◆ DATASET ◆

-- ===== src/Trace/Replay.antt =====
-- pkg/trace/replay.go: walking a trace and re-executing its tool calls.
pub mod Modes
pub mod Strict
use proxclt.Base.{
  ℕ, ◌+◌, Str, str_eq, is_empty, itoa, Bool, true, false, if◌then◌else◌, ◌&&◌, Option, none, some,
  List, [], ◌∷◌, ◌++◌, Error, errorf, wrapf, Result, ok, err,
}
use proxclt.Trace.Schema.{
  Record, Decision, executed, skipped, denied, failed, other, Codec, verify_chain,
}

pub data Mode : Type 0 where
  strict observe dry_run : Mode

-- What is reported of one record.
pub record StepResult : Type 0 where
  pub step_id : Str
  pub tool : Str
  pub matched : Bool
  pub diff : List Str
  pub exec_err : Option Error
  pub diverged : Bool

-- The first word of a line of the log.
pub data Verdict : Type 0 where
  would_run skip fail same differs : Verdict

pub record LogLine : Type 0 where
  pub index : ℕ
  pub verdict : Verdict
  pub step_id : Str
  pub tool : Str

pub record Outcome (W : Type 0) : Type 0 where
  pub results : List StepResult
  pub log : List LogLine
  pub failure : Option Error
  pub world : W

unfoldable pub is_executed : Decision → Bool
is_executed executed = true
is_executed skipped = false
is_executed denied = false
is_executed failed = false
is_executed (other s) = false

abbrev pub match_of : Record → StepResult
match_of r = record {
  step_id = r.step_id;
  tool = r.tool;
  matched = true;
  diff = [];
  exec_err = none;
  diverged = false;
}

abbrev pub failure_of : Record → Error → StepResult
failure_of r e = record {
  step_id = r.step_id;
  tool = r.tool;
  matched = false;
  diff = [];
  exec_err = some e;
  diverged = true;
}

abbrev pub difference_of : Record → Str → StepResult
difference_of r got = record {
  step_id = r.step_id;
  tool = r.tool;
  matched = false;
  diff = r.output ∷ got ∷ [];
  exec_err = none;
  diverged = true;
}

-- A JSON text decoded and encoded again; `none` where it is no JSON.
pub record Json : Type 0 where
  pub canonical : Str → Option Str

module _ (j : Json) where
  compare_canonical : Str → Str → Option Str → Option Str → Bool
  compare_canonical a b none bv = str_eq a b
  compare_canonical a b (some an) none = str_eq a b
  compare_canonical a b (some an) (some bn) = str_eq an bn

  unfoldable pub equal_normalized : Str → Str → Bool
  unfolding compare_canonical
  equal_normalized a b =
      if is_empty a && is_empty b
      then true
      else compare_canonical a b (j.canonical a) (j.canonical b)

module _ {W : Type 0} where
  -- `append` to the results and to the log, and the rest of the loop.
  abbrev pub add : Record → ℕ → StepResult → Verdict → Outcome W → Outcome W
  add r i res v o = record o {
    results = res ∷ o.results;
    log = record { index = i; verdict = v; step_id = r.step_id; tool = r.tool } ∷ o.log;
  }

  -- The loop ends with an error.
  abbrev pub stop : Record → ℕ → StepResult → Verdict → Error → W → Outcome W
  stop r i res v e w =
      add r i res v (record { results = []; log = []; failure = some e; world = w })

  module _ (j : Json) (mode : Mode) where
    -- What the loop does with the answer of the executor; `go` is the rest of the loop.
    unfoldable pub compare_output : ℕ → Record → (W → Outcome W) → Result Str × W → Outcome W
    compare_output i r go (err e, w) = elim mode [
      | strict ↦
          stop r i (failure_of r e) fail
            (wrapf "replay: exec failed at record %d (%s)" (itoa i ∷ r.step_id ∷ []) e) w
      | _ ↦ add r i (failure_of r e) fail (go w)
    ]
    compare_output i r go (ok got, w) =
        if equal_normalized j got r.output then add r i (match_of r) same (go w) else (elim mode [
          | strict ↦
              stop r i (difference_of r got) differs
                (errorf "replay: output divergence at record %d (%s)" (itoa i ∷ r.step_id ∷ [])) w
          | _ ↦ add r i (difference_of r got) differs (go w)
        ])

    module _ (exec : Record → W → Result Str × W) where
      -- The loop of Replay from index `i` on.
      unfoldable pub replay_from : ℕ → List Record → W → Outcome W
      replay_from i [] w = record { results = []; log = []; failure = none; world = w }
      replay_from i (r ∷ rest) w =
          let go = replay_from (i + 1) rest in
          elim mode [
            | dry_run ↦ add r i (match_of r) would_run (go w)
            | _ ↦
                if is_executed r.decision
                then compare_output i r go (exec r w)
                else add r i (match_of r) skip (go w)
          ]

      unfoldable pub replay : Codec → List Record → W → Outcome W
      replay c records w = elim (verify_chain c records) [
        | some (i, e) ↦ record {
          results = [];
          log = [];
          failure = some (wrapf "replay: chain verification failed at record %d" (itoa i ∷ []) e);
          world = w;
        }
        | none ↦ replay_from 0 records w
      ]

◆ YOUR OBJECTIVE ◆
Tally the lines in the entries above that hold the string "List" and state the tally alone.

◆ RESULT OF THIS TASK ◆
6